**Directions**
Your answer should consist of each line below that contains the string "StorageNode".
━━━━━━━━
-- ===== src/Storage/Planner/Closed.antt =====
-- rdb-analyzer/src/storage_plan/planner.rs: planning for a schema that `compile` returned finds every
-- type that the schema names.
use refine_db.Storage.Planner.{Fields}
use refine_db.Storage.Planner.Special.{
  SpecialTypes, Collector, collect_fields, collect_special_types, collect_exports, no_special_types,
}
use refine_db.Prelude.{
  ℕ, zero, suc, Bool, true, false, ◌||◌, Option, none, some, String, List, [], ◌∷◌, Dict, lookup,
  All, Option-cases, inl, inr, ◌≡◌, ◌≢◌, ok, err, ◌>>=◌, guard, if◌then◌else◌,
}
use refine_db.Schema.{FieldType, table, primitive, set, FieldAnnotation, is_primary, CompiledSchema}
use refine_db.Schema.WellFormed.{Defined, Refers, IsFineField, IsWellFormed}
use refine_db.Schema.Compiled.{IsClosed, compile-IsClosed}
use refine_db.Schema.Ast.{SchemaItem}
use refine_db.Schema.Resolve.{compile}
use refine_db.Schema.Outcome.{Outcome-elim}
use refine_db.Prelude.{insert}
use refine_db.Storage.{StorageKey, StorageNode, Children, no_child, StoragePlan, insert_child}
use refine_db.Storage.Planner.{
  Planned, Stop, missing_type, set_member_type_without_primary_key, failed, panicked, out_of_fuel,
  out_of_samples, PlanState, OldTreePoint, Sample, contains_name, draw, candidate,
  contains_storage_key, rand_storage_key, key_of_point,
}
use refine_db.Storage.Planner.Generate.{
  Generator, generate_subfields, generate_table, generate_leaf, generate_field, export_point,
  generate_exports, initial_state, generate_plan_for_schema,
}

abbrev pub IsOther : Stop → Type 0
IsOther (failed (missing_type n)) = ⊥
IsOther _ = Unit

-- A run that does not end with the error of a missing type.
pub data Finds {A : Type 0} : Planned A → Type 0 where
  returns : {a : A} → Finds (ok a)
  stops : {e : Stop} → IsOther e → Finds (err e)

module _ {A : Type 0} where
  infixl 1 ◌⟫◌
  ◌⟫◌ :
      {B : Type 0} {r : Planned A} {f : A → Planned B}
      → Finds r
      → ((a : A) → Finds (f a))
      → Finds (r >>= f)
  returns {a} ⟫ k = k a
  stops h ⟫ k = stops h

  Finds-if : (b : Bool) {r s : Planned A} → Finds r → Finds s → Finds (if b then r else s)
  Finds-if true h k = h
  Finds-if false h k = k

  pub Finds-elim : {r : Planned A} → Finds r → (n : String) → r ≢ err (failed (missing_type n))
  Finds-elim returns n e = cc
  Finds-elim (stops {e = failed (missing_type m)} h) n p = h
  Finds-elim (stops {e = failed (set_member_type_without_primary_key m)} h) n p = cc
  Finds-elim (stops {e = panicked} h) n p = cc
  Finds-elim (stops {e = out_of_fuel} h) n p = cc
  Finds-elim (stops {e = out_of_samples} h) n p = cc

guard-Finds : (b : Bool) (e : Stop) → IsOther e → Finds (guard b e)
guard-Finds true e h = returns
guard-Finds false e h = stops h

draw-Finds : (samples : List Sample) (used : List StorageKey) → Finds (draw samples used)
unfolding draw
draw-Finds [] used = stops tt
draw-Finds (s ∷ samples) used = guard-Finds _ panicked tt ⟫ λ _.
    Finds-if (contains_storage_key (candidate s) used) (draw-Finds samples used) returns

key_of_point-Finds : (p : Option OldTreePoint) (st : PlanState) → Finds (key_of_point p st)
unfolding key_of_point rand_storage_key
key_of_point-Finds (some p) st = returns
key_of_point-Finds none st = draw-Finds st.samples st.used_storage_keys ⟫ λ _. returns

generate_leaf-Finds :
    (r : Option StorageKey) (p : Option OldTreePoint) (st : PlanState)
    → Finds (generate_leaf r p st)
unfolding generate_leaf
generate_leaf-Finds r p st = key_of_point-Finds p st ⟫ λ _. returns

module _ (schema : CompiledSchema) (well : IsWellFormed schema.types) where
  AreFine : Fields → Type 0
  AreFine fields = All (IsFineField schema.types) fields

  member-Refers : (x : FieldType) → Refers schema.types (set x) → Refers schema.types x
  member-Refers (table n) h = h
  member-Refers (primitive p) h = absurd h
  member-Refers (set x) h = absurd h

  module _ (go : Generator)
      (finds : (ty : FieldType) (anns : List FieldAnnotation) (p : Option OldTreePoint)
          (st : PlanState)
        → Refers schema.types ty
        → Finds (go ty anns p st))
      (old_schema : CompiledSchema) where
    generate_subfields-Finds :
        (p : Option OldTreePoint) (fields : Fields) (cs : Children StorageKey) (b : Bool)
        (st : PlanState)
        → AreFine fields
        → Finds (generate_subfields go old_schema p fields cs b st)
    unfolding generate_subfields AreFine
    generate_subfields-Finds p [] cs b st h = returns
    generate_subfields-Finds p ((name, (ty, anns)) ∷ fields) cs b st ((r, _), h) =
        finds ty anns _ st r ⟫ λ (x, st').
        generate_subfields-Finds p fields (insert_child name x cs) (b || is_primary anns) st' h

    generate_table-Finds :
        (name : String) (p : Option OldTreePoint) (st : PlanState)
        → Defined schema.types name
        → Finds (generate_table go old_schema schema name p st)
    unfolding generate_table AreFine
    generate_table-Finds name p st (ty, e) =
        rw (e, generate_table)
          (key_of_point-Finds p st ⟫ λ (k, st1).
            generate_subfields-Finds p ty.fields no_child false _ (well name ty e).has_fine_fields
            ⟫ λ _. guard-Finds _ (failed (set_member_type_without_primary_key ty.name)) tt ⟫ λ _.
                returns)

  generate_field-Finds :
      (fuel : ℕ) (old_schema : CompiledSchema) (ty : FieldType) (anns : List FieldAnnotation)
      (p : Option OldTreePoint) (st : PlanState)
      → Refers schema.types ty
      → Finds (generate_field fuel old_schema schema ty anns p st)
  unfolding generate_field
  generate_field-Finds zero old_schema ty anns p st h = stops tt
  generate_field-Finds (suc fuel) old_schema (primitive x) anns p st h =
      generate_leaf-Finds none p st
  generate_field-Finds (suc fuel) old_schema (set x) anns p st h =
      generate_field-Finds fuel old_schema x [] _ st (member-Refers x h) ⟫ λ (inner, st').
      key_of_point-Finds p st' ⟫ λ _. returns
  generate_field-Finds (suc fuel) old_schema (table name) anns p st h =
      elim (Option-cases (lookup name st.fields_in_stack)) [
        | inr (k, e) ↦ rw (e, generate_field) (generate_leaf-Finds (some k) p st)
        | inl e ↦
            rw (e, generate_field)
              (generate_table-Finds (generate_field fuel old_schema schema)
                (generate_field-Finds fuel old_schema) old_schema name p st h)
      ]

  collect_fields-Finds :
      (go : Collector)
      → ((ty : FieldType) (state : List String) (sinks : SpecialTypes)
          → Refers schema.types ty
          → Finds (go ty state sinks))
      → (fields : Fields) (state : List String) (sinks : SpecialTypes) → AreFine fields
      → Finds (collect_fields go fields state sinks)
  unfolding collect_fields AreFine
  collect_fields-Finds go finds [] state sinks h = returns
  collect_fields-Finds go finds ((_, (ty, _)) ∷ fields) state sinks ((r, _), h) =
      finds ty state sinks r ⟫ λ (state', sinks').
      collect_fields-Finds go finds fields state' sinks' h

  collect_special_types-Finds :
      (fuel : ℕ) (ty : FieldType) (state : List String) (sinks : SpecialTypes)
      → Refers schema.types ty
      → Finds (collect_special_types fuel schema ty state sinks)
  unfolding collect_special_types AreFine
  collect_special_types-Finds zero ty state sinks h = stops tt
  collect_special_types-Finds (suc fuel) (primitive p) state sinks h = returns
  collect_special_types-Finds (suc fuel) (set x) state sinks h =
      collect_special_types-Finds fuel x state _ (member-Refers x h)
  collect_special_types-Finds (suc fuel) (table name) state sinks (ty, e) =
      Finds-if (contains_name name state) returns (
        rw e (
          collect_fields-Finds (collect_special_types fuel schema)
            (collect_special_types-Finds fuel) ty.fields (name ∷ state) sinks
            (well name ty e).has_fine_fields
          ⟫ λ _. returns))

  AreExports : Dict FieldType → Type 0
  AreExports exports = All (λ p. Refers schema.types p.1) exports

  collect_exports-Finds :
      (fuel : ℕ) (exports : Dict FieldType) (sinks : SpecialTypes)
      → AreExports exports
      → Finds (collect_exports fuel schema exports sinks)
  unfolding collect_exports AreExports
  collect_exports-Finds fuel [] sinks h = returns
  collect_exports-Finds fuel ((_, ty) ∷ exports) sinks (r, h) =
      collect_special_types-Finds fuel ty [] sinks r ⟫ λ (_, sinks').
      collect_exports-Finds fuel exports sinks' h

  generate_exports-Finds :
      (fuel : ℕ) (old_plan : StoragePlan StorageKey) (old_schema : CompiledSchema)
      (exports : Dict FieldType) (nodes : Dict (StorageNode StorageKey)) (st : PlanState)
      → AreExports exports
      → Finds (generate_exports fuel old_plan old_schema schema exports nodes st)
  unfolding generate_exports AreExports
  generate_exports-Finds fuel old_plan old_schema [] nodes st h = returns
  generate_exports-Finds fuel old_plan old_schema ((name, ty) ∷ exports) nodes st (r, h) =
      generate_field-Finds fuel old_schema ty [] (export_point old_plan old_schema name ty) st r
      ⟫ λ (x, st').
          generate_exports-Finds fuel old_plan old_schema exports (insert name x nodes) st' h

generate_plan-Finds :
    (fuel : ℕ) (samples : List Sample) (old_plan : StoragePlan StorageKey)
    (old_schema schema : CompiledSchema)
    → IsClosed schema
    → Finds (generate_plan_for_schema fuel samples old_plan old_schema schema)
unfolding generate_plan_for_schema AreExports
generate_plan-Finds fuel samples old_plan old_schema schema c =
    let w = c.has_fine_types in
    collect_exports-Finds schema w fuel schema.exports no_special_types c.has_fine_exports
    ⟫ λ special.
        generate_exports-Finds schema w fuel old_plan old_schema schema.exports []
          (initial_state samples old_plan special) c.has_fine_exports
        ⟫ λ _. returns

-- Planning for a schema that `compile` returned does not fail for want of a type, from whatever old
-- plan and old schema.
pub compiled_schema_plans :
    (fuel steps : ℕ) (items : List SchemaItem) (samples : List Sample)
    (old_plan : StoragePlan StorageKey) (old_schema schema : CompiledSchema) (name : String)
    → compile fuel items ≡ ok schema
    → generate_plan_for_schema steps samples old_plan old_schema schema
      ≢ err (failed (missing_type name))
compiled_schema_plans fuel steps items samples old_plan old_schema schema name e =
    Finds-elim
      (generate_plan-Finds steps samples old_plan old_schema schema
        (Outcome-elim (compile-IsClosed fuel items) e))
      name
━━━━━━━━
**Response to the exercise**
use refine_db.Storage.{StorageKey, StorageNode, Children, no_child, StoragePlan, insert_child}
      (exports : Dict FieldType) (nodes : Dict (StorageNode StorageKey)) (st : PlanState)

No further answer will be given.